Estos prejuicios y violencias también, muchas veces, emergen en el trato directo de funcionarios/as públicos/as, en diferentes ámbitos como espacios educativos, policiales, de la salud, , laborales, municipales, entre otros. Pese a tener una Ley Antidiscriminación y una Ley de Identidad de Género se destaca la inexistencia de una política pública efectiva que garantice un trato igualitario independiente de la orientación sexual e identidad de género.

No podemos exigir que niños/as sean empáticos/as, sin prejuicios, sin estereotipos y que aprendan a tratar a sus pares con respeto, en igualdad y dignidad, si esto no pasa en el Estado y en las entidades -tanto públicas como privadas; si no promovemos un cambio cultural que solidifique una posibilidad de reconocimiento.

Eso no pasó con José Matías.

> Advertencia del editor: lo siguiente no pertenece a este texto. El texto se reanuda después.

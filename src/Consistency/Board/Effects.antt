-- ===== src/Consistency/Board/Effects.antt =====
-- What a start and a completion do to the board, where they succeed.
use kitchen_ops.Base.{
  ℕ, ◌≡◌, refl, ◌∙◌, ap, subst, true, false, ◌&&◌, some, List, [], ◌∷◌, any, ◌==◌, find?, has_key,
  ltb, if◌then◌else◌, inl, inr, update_where, Bool-cases,
}
use kitchen_ops.Models.{TaskModel, Database, is_unassigned, is_assigned, is_started}
use kitchen_ops.Runtime.{Services, Kitchen, pure}
use kitchen_ops.Runtime.Outcomes.{
  OnOk, on_tx-OnOk, call-OnOk, or_throw-OnOk, bind_OnOk, on_tx_last, Preserves, bind-Preserves,
  if_Preserves,
}
use kitchen_ops.Runtime.Atomic.{AllOrNothing, transaction_atomic}
use kitchen_ops.Repository.Lifecycle.{
  increment_counter_usage, increment_machine_usage, update_staff_efficiency_and_active,
  decrement_dependent_pending_deps, is_dependent, unblock_row, start_row,
}
use kitchen_ops.Repository.Lifecycle.Outcomes.{started_OnOk, completed_OnOk}
use kitchen_ops.Repository.Orders.{
  mark_order_part_completed_if_not_done, close_order, complete_order_if_all_tasks_done,
}
use kitchen_ops.Repository.Events.{insert_domain_event}
use kitchen_ops.Application.Scores.{enqueue}
use kitchen_ops.Application.Tasks.{
  start_body, announce_child, announce_ready, complete_body, start_task, complete_task,
}
use kitchen_ops.Consistency.Board.{
  Board, board, finish_order, completed_tasks, completed_orders, remaining, set_row,
}

module _ {F : Type 0} where
  -- The task was assigned, and is written as started; the rest is as it was.
  abbrev pub Started : (now task_id : ℕ) → Board F → Board F → Type 0
  Started now task_id b c =
      (t : TaskModel F) × (find? (has_key (λ r. r.id) task_id) b.tasks ≡ some t)
      × (is_assigned t.status ≡ true)
      × (c ≡ record b { tasks = set_row t.id (start_row now) b.tasks })

  -- The task was started, and is written as completed; each unassigned dependent waits for one task
  -- less, and the order is advanced or closed.
  abbrev pub Completed : (now task_id : ℕ) → Board F → Board F → Type 0
  Completed now task_id b c =
      (t : TaskModel F) × (find? (has_key (λ r. r.id) task_id) b.tasks ≡ some t)
      × (is_started t.status ≡ true)
      × (c ≡ record b {
        tasks = completed_tasks now t.id b.dependencies b.tasks;
        orders =
            completed_orders t.order_id (completed_tasks now t.id b.dependencies b.tasks) b.orders;
      })

module _ {F Q : Type 0} (w : Services F Q) where
  pub start_body-Started :
      (now task_id : ℕ) (s : Kitchen F Q)
      → OnOk (λ _ t. Started now task_id (board s.db) (board t.db)) (start_body w now task_id s)
  unfolding start_body insert_domain_event
  start_body-Started now task_id s = started_OnOk w P task_id now _ s λ task found ready.
      or_throw-OnOk P task.assigned_machine_id _ _ _
        λ _ _. on_tx_last w P _ _ (task, found, ready, refl)
    where
      P : Unit {0} → Kitchen F Q → Type 0
      P _ t = Started now task_id (board s.db) (board t.db)

  -- The announcements and the order's marks, after the completed task has been counted off.
  abbrev At : Board F → Database F → Type 0
  At b db = board db ≡ b

  announce_ready-At :
      (b : Board F) (now : ℕ) (children : List (TaskModel F))
      → Preserves {F = F} {Q = Q} (At b) (announce_ready w now children)
  unfolding announce_ready announce_child enqueue insert_domain_event
  announce_ready-At b now [] = λ s e. e
  announce_ready-At b now (child ∷ children) =
      let is_ready = is_unassigned child.status && (child.pending_deps == 0) in
      bind-Preserves (At b) (if is_ready then announce_child w now child else pure tt)
        (λ _. announce_ready w now children)
        (if_Preserves (At b) is_ready (announce_child w now child) (pure tt)
          (λ s e. call-OnOk w (λ _ t. At b t.db) _ _ s (on_tx_last w (λ _ t. At b t.db) _ _ e))
          (λ s e. e))
        (λ _. announce_ready-At b now children)

  complete_order_board :
      (order_id : ℕ) (s : Kitchen F Q)
      → OnOk
          (λ _ t.
            At
              (record (board s.db) {
                orders =
                    if ltb 0 (remaining order_id s.db.tasks)
                    then s.db.orders
                    else finish_order order_id s.db.orders;
              })
              t.db)
          (complete_order_if_all_tasks_done w order_id s)
  unfolding complete_order_if_all_tasks_done close_order
  complete_order_board order_id s =
      on_tx-OnOk w (λ _ t. closed t.db) _
        (λ open_tasks. if ltb 0 open_tasks then pure false else close_order w order_id) s
        (elim (Bool-cases (ltb 0 (remaining order_id s.db.tasks))) [
          | inl some_left ↦ rw some_left refl
          | inr none_left ↦ rw none_left (on_tx-OnOk w (λ _ t. closed' t.db) _ _ _ refl)
        ])
    where
      closed : Database F → Type 0
      closed = At (record (board s.db) {
        orders =
            if ltb 0 (remaining order_id s.db.tasks)
            then s.db.orders
            else finish_order order_id s.db.orders;
      })

      closed' : Database F → Type 0
      closed' = At (record (board s.db) { orders = finish_order order_id s.db.orders })

  decrement_board :
      (task_id : ℕ) (s : Kitchen F Q)
      → OnOk
          (λ _ t.
            At
              (record (board s.db) {
                tasks =
                    update_where
                      (λ r. any (is_dependent task_id r) s.db.task_dependencies)
                      unblock_row
                      s.db.tasks;
              })
              t.db)
          (decrement_dependent_pending_deps w task_id s)
  unfolding decrement_dependent_pending_deps
  decrement_board task_id s =
      on_tx-OnOk w (λ _ t. counted t.db) _ _ s (on_tx_last w (λ _ t. counted t.db) _ _ refl)
    where
      counted : Database F → Type 0
      counted = At (record (board s.db) {
        tasks =
            update_where (λ r. any (is_dependent task_id r) s.db.task_dependencies) unblock_row
              s.db.tasks;
      })

  pub complete_body-Completed :
      (now task_id : ℕ) (s : Kitchen F Q)
      → OnOk
          (λ _ t. Completed now task_id (board s.db) (board t.db))
          (complete_body w now task_id s)
  unfolding complete_body increment_counter_usage increment_machine_usage
      update_staff_efficiency_and_active insert_domain_event mark_order_part_completed_if_not_done
  complete_body-Completed now task_id s = completed_OnOk w P task_id now _ s λ task found ready.
      let done = record (board s.db) {
        tasks = completed_tasks now task.id s.db.task_dependencies s.db.tasks;
      } in
      or_throw-OnOk P task.assigned_machine_id _ _ _ λ _ _.
        or_throw-OnOk P task.assigned_staff_id _ _ _ λ _ _.
          or_throw-OnOk P task.started_at _ _ _ λ _ _. on_tx-OnOk w P _ _ _ (
            on_tx-OnOk w P _ _ _ (
              on_tx-OnOk w P _ _ _ (
                bind_OnOk (λ _ t. At done t.db) P _ _ (decrement_board task.id _)
                  λ children s₁ e₁.
                    bind_OnOk (λ _ t. At done t.db) P (announce_ready w now children s₁) _
                      (announce_ready-At done now children s₁ e₁)
                      λ _ s₂ e₂. on_tx-OnOk w P _ _ s₂ (
                        on_tx-OnOk w P _ _ _ (
                          bind_OnOk (λ _ t. At (advanced task.order_id (board s₂.db)) t.db) P _ _
                            (complete_order_board task.order_id _)
                            λ _ s₃ e₃.
                              (task, found, ready, e₃ ∙ ap (advanced task.order_id) e₂))))))
    where
      P : Unit {0} → Kitchen F Q → Type 0
      P _ t = Completed now task_id (board s.db) (board t.db)

      advanced : ℕ → Board F → Board F
      advanced order_id b = record b { orders = completed_orders order_id b.tasks b.orders }

  -- The requests themselves, which happen as a whole or not at all.
  pub start_task-Started :
      (task_id : ℕ) (s : Kitchen F Q)
      → AllOrNothing
          (λ _ db. Started (w.clock s.calls) task_id (board s.db) (board db))
          s.db
          (start_task w task_id s)
  unfolding start_task
  start_task-Started task_id s =
      transaction_atomic w _ (start_body w (w.clock s.calls) task_id) s λ s' same.
        subst
          (λ db.
            OnOk (λ _ t. Started (w.clock s.calls) task_id (board db) (board t.db))
              (start_body w (w.clock s.calls) task_id s'))
          same (start_body-Started (w.clock s.calls) task_id s')

  pub complete_task-Completed :
      (task_id : ℕ) (s : Kitchen F Q)
      → AllOrNothing
          (λ _ db. Completed (w.clock s.calls) task_id (board s.db) (board db))
          s.db
          (complete_task w task_id s)
  unfolding complete_task
  complete_task-Completed task_id s =
      transaction_atomic w _ (complete_body w (w.clock s.calls) task_id) s λ s' same.
        subst
          (λ db.
            OnOk (λ _ t. Completed (w.clock s.calls) task_id (board db) (board t.db))
              (complete_body w (w.clock s.calls) task_id s'))
          same (complete_body-Completed (w.clock s.calls) task_id s')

Su madre indicó a la prensa que “siempre se sintió marginado, se notaba que con suerte tenía dos amigas en la sala (…) Pasaba muchas horas en el colegio. Muchas horas de exponerse a miradas, comentarios burlas. Eso se lo comió”.

El error está en mirar la homo, lesbo o transfobia como fenómenos individuales y psicológicos. Necesitamos un cambio cultural urgente que se impregne en los colegios y ese cambio parte por acciones concretas: educar a profesores y profesoras, funcionarios y funcionarias, directores y directoras sobre las diversas posibilidades de vivir la sexualidad, la identidad sexual y de género.

Y que las circulares del Mineduc se apliquen y dejen de ser letra muerta. Así se podrán ir erradicando las violencias tanto simbólicas como explícitas que reproduce la tiranía del modelo heterosexual y menos niños/as decidirán que no vale la pena seguir viviendo.